### WORK INSTRUCTIONS
The line containing "abbrev pub get : String" marks the end: output every line of the data up to it, and that line too, exactly as written.

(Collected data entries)
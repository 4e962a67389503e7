-- ===== src/Database.antt =====
-- The tables of control_node/repositories/models.py that the modelled commands read and write. A
-- query without ORDER BY gives the rows in the order in which they were inserted.
use dfsha_telematica.Prelude.{String, Option, List}
use dfsha_telematica.Entities.{User, Directory, File, Block, BlockReplica, DataNode}
use dfsha_telematica.Rows.{Group, AclRow, Task}
use dfsha_telematica.Leadership.{Lease}
use dfsha_telematica.FileLock.{FileLock}

pub record Database : Type 0 where
  -- the one row of the leadership table
  pub lease : Option Lease
  pub users : List User
  pub file_locks : List FileLock
  pub data_nodes : List DataNode
  pub directories : List Directory
  pub files : List File
  pub blocks : List Block
  pub replicas : List BlockReplica
  pub acl_entries : List AclRow
  -- group, user
  pub group_members : List (String × String)
  pub groups : List Group
  pub tasks : List Task
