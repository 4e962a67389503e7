-- ===== src/Repositories/FileRows.antt =====
-- SqlFileRepository of control_node/repositories/sql.py: the table of files, whose primary key is the
-- file's id.
use dfsha_telematica.Prelude.{
  map, any_of, not, ℕ, String, Bool, ◌&&◌, Option, none, some, List, [], ◌∷◌, ◌++◌, leb, keep,
  find_first, update_where, sorted, ◌==◌, nat_eq, list_eq, string_eq,
}
use dfsha_telematica.FilePath.{Text}
use dfsha_telematica.Entities.{File, FileState, writing, committed, deleted, file_state_eq}
use dfsha_telematica.Session.{Exec, gets, modify}
use dfsha_telematica.Database.{Database}

abbrev pub has_id : String → File → Bool
has_id file_id f = f.id == file_id

abbrev pub add : File → Exec Database (Unit {0})
add file = modify (λ db. record db { files = db.files ++ file ∷ [] })

abbrev pub get : String → Exec Database (Option File)
get file_id = gets (λ db. find_first (has_id file_id) db.files)

abbrev pub is_named_in : String → Text → FileState → File → Bool
is_named_in directory_id name wanted f =
    f.directory_id == directory_id && f.name == name && f.state == wanted

-- `ORDER BY created_at DESC LIMIT 1`
abbrev pub newer : File → File → Bool
newer f g = leb g.created_at f.created_at

abbrev pub first_of : List File → Option File
first_of [] = none
first_of (f ∷ fs) = some f

abbrev pub or_writing : Option File → String → Text → List File → Option File
or_writing (some f) directory_id name rows = some f
or_writing none directory_id name rows =
    first_of (sorted newer (keep (is_named_in directory_id name writing) rows))

abbrev pub live_by_name : String → Text → List File → Option File
live_by_name directory_id name rows =
    or_writing (find_first (is_named_in directory_id name committed) rows) directory_id name rows

abbrev pub get_live_by_name : String → Text → Exec Database (Option File)
get_live_by_name directory_id name = gets (λ db. live_by_name directory_id name db.files)

abbrev pub update_file : String → (File → File) → Exec Database (Unit {0})
update_file file_id f =
    modify (λ db. record db { files = update_where (has_id file_id) f db.files })

abbrev pub with_key : String → String → File → File
with_key wrapped_key key_algo f = record f { wrapped_key = wrapped_key; key_algo = key_algo }

abbrev pub set_wrapped_key : String → String → String → Exec Database (Unit {0})
set_wrapped_key file_id wrapped_key key_algo = update_file file_id (with_key wrapped_key key_algo)

abbrev pub set_size : String → ℕ → Exec Database (Unit {0})
set_size file_id size = update_file file_id (λ f. record f { size = size })

abbrev pub as_committed : ℕ → File → File
as_committed now f = record f { state = committed; committed_at = some now; expires_at = none }

abbrev pub mark_committed : String → ℕ → Exec Database (Unit {0})
mark_committed file_id now = update_file file_id (as_committed now)

abbrev pub as_deleted : ℕ → File → File
as_deleted now f = record f { state = deleted; deleted_at = some now; expires_at = none }

abbrev pub mark_deleted : String → ℕ → Exec Database (Unit {0})
mark_deleted file_id now = update_file file_id (as_deleted now)

abbrev pub one_of : List String → String → Bool
one_of ids x = any_of (λ i. i == x) ids

-- Nothing is written for an empty list, and nothing would be.
abbrev pub mark_many_deleted : List String → ℕ → Exec Database (Unit {0})
mark_many_deleted ids now = modify (λ db. record db {
  files = update_where (λ (f : File). one_of ids f.id) (as_deleted now) db.files;
})

abbrev pub moved_to : String → Text → File → File
moved_to directory_id name f = record f { directory_id = directory_id; name = name }

abbrev pub move : String → String → Text → Exec Database (Unit {0})
move file_id directory_id name = update_file file_id (moved_to directory_id name)

abbrev pub ids_in : List String → List File → List String
ids_in directory_ids rows =
    map (λ (f : File). f.id)
      (keep (λ (f : File). one_of directory_ids f.directory_id && not (f.state == deleted)) rows)

abbrev pub list_ids_in_directories : List String → Exec Database (List String)
list_ids_in_directories directory_ids = gets (λ db. ids_in directory_ids db.files)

### RESULT FOR THIS TASK
repository 4e962a67389503e7
-- ===== src/Database.antt =====
-- The tables of control_node/repositories/models.py that the modelled commands read and write. A
-- query without ORDER BY gives the rows in the order in which they were inserted.
use dfsha_telematica.Prelude.{String, Option, List}
use dfsha_telematica.Entities.{User, Directory, File, Block, BlockReplica, DataNode}
use dfsha_telematica.Rows.{Group, AclRow, Task}
use dfsha_telematica.Leadership.{Lease}
use dfsha_telematica.FileLock.{FileLock}

pub record Database : Type 0 where
  -- the one row of the leadership table
  pub lease : Option Lease
  pub users : List User
  pub file_locks : List FileLock
  pub data_nodes : List DataNode
  pub directories : List Directory
  pub files : List File
  pub blocks : List Block
  pub replicas : List BlockReplica
  pub acl_entries : List AclRow
  -- group, user
  pub group_members : List (String × String)
  pub groups : List Group
  pub tasks : List Task
repository 4e962a67389503e7
-- ===== src/Repositories/FileRows.antt =====
-- SqlFileRepository of control_node/repositories/sql.py: the table of files, whose primary key is the
-- file's id.
use dfsha_telematica.Prelude.{
  map, any_of, not, ℕ, String, Bool, ◌&&◌, Option, none, some, List, [], ◌∷◌, ◌++◌, leb, keep,
  find_first, update_where, sorted, ◌==◌, nat_eq, list_eq, string_eq,
}
use dfsha_telematica.FilePath.{Text}
use dfsha_telematica.Entities.{File, FileState, writing, committed, deleted, file_state_eq}
use dfsha_telematica.Session.{Exec, gets, modify}
use dfsha_telematica.Database.{Database}

abbrev pub has_id : String → File → Bool
has_id file_id f = f.id == file_id

abbrev pub add : File → Exec Database (Unit {0})
add file = modify (λ db. record db { files = db.files ++ file ∷ [] })

abbrev pub get : String → Exec Database (Option File)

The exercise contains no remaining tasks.